C'était bien une requête nationale du Service central du renseignement territorial (SCRT) du ministère de l'Intérieur. Depuis la révélation par La Dépêche du Midi des courriers reçus par une centaine d'établissements scolaires de la région de Toulouse leur demandant le "pourcentage d'absentéisme" des élèves le jour de la fête de l'Aïd, vendredi 21 avril, la question se posait de savoir s'il s'agissait d'une requête nationale.
RTL a pu consulter l'instruction envoyée par mail le 25 avril à toutes les antennes départementales du renseignement territorial. Il est demandé noir sur blanc aux responsables locaux des ex-renseignements généraux des "éléments" sur la façon dont s'est déroulé le "mois sacré du Ramadan", avec cette précision en gras et soulignée : "Vous mettrez également l'accent sur l'absentéisme scolaire pendant cette période et plus particulièrement à l'occasion de la célébration de l'Aïd-el-Fitr le 21 avril". Dès le 26 avril, des dizaines de lycées, collèges et même écoles élémentaires recevaient à leur tour la demande transmise par le biais de policiers. La révélation de l'information par La Dépêche a provoqué l'indignation d'une large partie de la communauté éducative et de SOS Racisme qui a interpellé le ministère de l'Intérieur sur ces pratiques qui interroge au regard du respect de la laïcité. Les remontées globales sur le déroulement du mois de ramadan sont demandées chaque année au SCRT, le recensement des absences le jour l'Aïd est, lui, inédit.

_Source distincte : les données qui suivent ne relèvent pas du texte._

-- ===== src/Auth/Laws.antt =====
-- Who gets tokens, and how long a refresh token serves.
use nexus_hub_contract.Prelude.{
  ℕ, ◌+◌, ◌≡◌, refl, inl, inr, Bool-cases, String, true, false, none, some, arith, ltb,
  if◌then◌else◌, ◌∙◌, ap,
}
use nexus_hub_contract.Model.Enums.{UserRole, UserStatus}
use nexus_hub_contract.Model.Rows.{User, RefreshToken}
use nexus_hub_contract.Prisma.Client.{Client, IsLawful}
use nexus_hub_contract.Prisma.World.{World, user_of, token_of}
use nexus_hub_contract.Prisma.Action.{Exception, ok, throws, unauthorized}
use nexus_hub_contract.Auth.{
  LoginDto, JwtPayload, TokenPair, Crypto, thirty_days, has_email, revoke, is_live_token,
  is_suspended, generate_token_pair, login, refresh, logout, validate_user,
}

-- A token that `user_id` may use from now on, for thirty days.
abbrev pub IsIssued : (c : Client) → World c → String → String → ℕ → Type 0
IsIssued c w token user_id now =
    (t : RefreshToken) × (token_of w token ≡ some t)
    × (t.user_id ≡ user_id)
    × (t.is_revoked ≡ false)
    × (t.expires_at ≡ now + thirty_days)

-- To revoke a token where it is live, and to leave it where it was revoked, is the same as to
-- revoke it.
revoke-live :
    (token : String) (t : RefreshToken)
    → t.token ≡ token
    → (if is_live_token token t then revoke t else t) ≡ revoke t
revoke-live token t same = elim (Bool-cases t.is_revoked) [
  | inl dead ↦ grind arith
  | inr live ↦ grind arith
]

module _ (c : Client) (laws : IsLawful c) (crypto : Crypto) where
  generate_token_pair_lem :
      (user_id email : String) (role : UserRole) (w : World c)
      → token_of w (c.uuid w.drawn) ≡ none
      → let (r, v) = generate_token_pair c crypto user_id email role w in
        (p : TokenPair) × (r ≡ ok p)
        × (p.refresh_token ≡ c.uuid w.drawn)
        × IsIssued c v p.refresh_token user_id w.now
        × (v.db.users ≡ w.db.users)
        × (v.db.balances ≡ w.db.balances)
  unfolding generate_token_pair
  generate_token_pair_lem user_id email role w fresh = (
    record {
      access_token = crypto.sign (record { sub = user_id; email = email; role = role }) w.now;
      refresh_token = c.uuid w.drawn;
    },
    ground arith,
    refl,
    (
      record {
        id = c.uuid (w.drawn + 1);
        token = c.uuid w.drawn;
        user_id = user_id;
        expires_at = w.now + thirty_days;
        is_revoked = false;
      },
      grind (arith, laws.find-create_self),
      refl,
      refl,
      refl,
    ),
    ground arith,
    ground arith,
  )

  -- A stored token that was not revoked and is not expired is revoked by its use, and the pair
  -- holds another that its owner may use for thirty days.
  pub refresh_rotates :
      (token : String) (w : World c) {t : RefreshToken} {u : User}
      → token_of w token ≡ some t
      → t.is_revoked ≡ false
      → ltb t.expires_at w.now ≡ false
      → user_of w t.user_id ≡ some u
      → token_of w (c.uuid w.drawn) ≡ none
      → let (r, v) = refresh c crypto token w in
        (p : TokenPair) × (r ≡ ok p)
        × IsIssued c v p.refresh_token u.id w.now
        × (token_of v token ≡ some (revoke t))
  unfolding refresh generate_token_pair
  refresh_rotates token w {t} {u} ht live unexpired hu fresh = (
    record {
      access_token = crypto.sign (record { sub = u.id; email = u.email; role = u.role }) w.now;
      refresh_token = c.uuid w.drawn;
    },
    grind (arith, laws.find-update_ne),
    (
      record {
        id = c.uuid (w.drawn + 1);
        token = c.uuid w.drawn;
        user_id = u.id;
        expires_at = w.now + thirty_days;
        is_revoked = false;
      },
      grind (arith, laws.find-create_self, laws.find-update_ne),
      refl,
      refl,
      refl,
    ),
    grind (arith, laws.find-create_ne, laws.find-update_self, laws.find-update_ne),
  )

  -- A revoked token is refused, and its use changes nothing.
  pub refresh_revoked :
      (token : String) (w : World c) {t : RefreshToken}
      → token_of w token ≡ some t
      → t.is_revoked ≡ true
      → refresh c crypto token w ≡ (throws (unauthorized "Invalid or expired refresh token"), w)
  unfolding refresh
  refresh_revoked token w ht revoked = grind arith

  -- After a logout a stored token is revoked and refused, whether it was live or not.
  pub logout_revokes :
      (token : String) (w : World c) {t : RefreshToken}
      → token_of w token ≡ some t
      → t.token ≡ token
      → let (r, v) = logout c token w in
        (r ≡ ok tt)
        × (token_of v token ≡ some (revoke t))
        × (refresh c crypto token v ≡ (throws (unauthorized "Invalid or expired refresh token"), v))
  unfolding logout
  logout_revokes token w {t} ht same =
      let v = (logout c token w).1 in
      let row : token_of v token ≡ some (revoke t) =
        laws.find-update_many _ token (is_live_token token) revoke t w.db.refresh_tokens ht
        ∙ ap some (revoke-live token t same) in
      (ground arith, row, refresh_revoked token v row refl)

  -- A suspended user gets no tokens by a password, right or wrong, and a valid access token of
  -- theirs stands for nobody; nothing changes.
  pub suspended-shut :
      (dto : LoginDto) (payload : JwtPayload) (w : World c) {u : User}
      → c.find_first User (has_email (crypto.to_lower_case dto.email)) w.db.users ≡ some u
      → user_of w payload.sub ≡ some u
      → u.status ≡ UserStatus.suspended
      → ((x : Exception) × (login c crypto dto w ≡ (throws x, w)))
        × (validate_user c payload w ≡ (ok none, w))
  unfolding login validate_user
  suspended-shut dto payload w {u} hl hv hs = (
    elim (Bool-cases (crypto.compare dto.password u.password_hash)) [
      | inl right ↦ (unauthorized "Account suspended. Contact support.", grind arith)
      | inr wrong ↦ (unauthorized "Invalid credentials", grind arith)
    ],
    grind arith,
  )

  -- The right password of a user who is not suspended gives a pair, whose refresh token that user
  -- may use for thirty days.
  pub login_lem :
      (dto : LoginDto) (w : World c) {u : User}
      → c.find_first User (has_email (crypto.to_lower_case dto.email)) w.db.users ≡ some u
      → crypto.compare dto.password u.password_hash ≡ true
      → is_suspended u.status ≡ false
      → token_of w (c.uuid w.drawn) ≡ none
      → let (r, v) = login c crypto dto w in
        (p : TokenPair) × (r ≡ ok p) × IsIssued c v p.refresh_token u.id w.now
  unfolding login
  login_lem dto w {u} hu right active fresh =
      let (p, done, _, issued, _, _) = generate_token_pair_lem u.id u.email u.role w fresh in
      (p, rw (hu, right, active) done, rw (hu, right, active) issued)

Dans un communiqué diffusé dimanche soir, Sonia Backès, la secrétaire d'État auprès du ministre de l'Intérieur chargée de la citoyenneté, a concédé qu'une "évaluation du taux d'absentéisme lors de la fête de l'Aïd" a pu être demandée, "dans certaines académies", aux chefs d'établissement. L'Intérieur a également souligné qu'il ne s'agissait en aucun cas de fichage des élèves en fonction de leur religion et qu'aucune donnée nominative n'a été "ni demandée ni recensée à aucun moment". Une tournure qui laissait penser que la requête n'était pas nationale. Elle l'était. Si elle n'a pas été répercutée partout, c'est notamment parce que, dans certains départements, les renseignements territoriaux n'ont pas fait de zèle, d'après les informations de RTL, n'y donnant tout simplement pas suite. Dans l'Hérault, d'après Le Monde, c'est le directeur académique des services de l'éducation nationale (Dasen) qui a fait machine arrière.
Au-delà de la question du nombre de rectorats et d'établissement qui ont finalement donné suite, se pose la question de l'utilité d'une telle demande qui ne pouvait que mettre le feu aux poudres et qui a été interprétée, dès sa révélation, par la communauté éducative et les syndicats d'enseignants, comme une volonté de recensement des élèves musulmans. Une source proche du dossier au ministère de l'Intérieur reconnait sans détour "une maladresse" du Service central du renseignement territorial (SCRT) sur la méthode, tout en soulignant que l'évaluation des absences lors des grandes fêtes religieuses est "néanmoins classique". Sous-entendu : les chiffres auraient pu être demandées directement au ministère de l'Éducation par les services concernés au ministère de l'Intérieur.
Mais sur le fond, la plupart des syndicats d'enseignement ont exprimé leur désaccord total avec le recensement, quand bien même il s'agit de taux d'absentéisme. La loi de 2004 renforcée autorise en effet les élèves à être absents lors des "grandes fêtes religieuses qui ne coïncident pas avec des jours de congés", les absences les jours de l'Aïd ne constituent donc en aucun cas des atteintes présumées à la laïcité, qui fait bel et bien partie des missions du SCRT.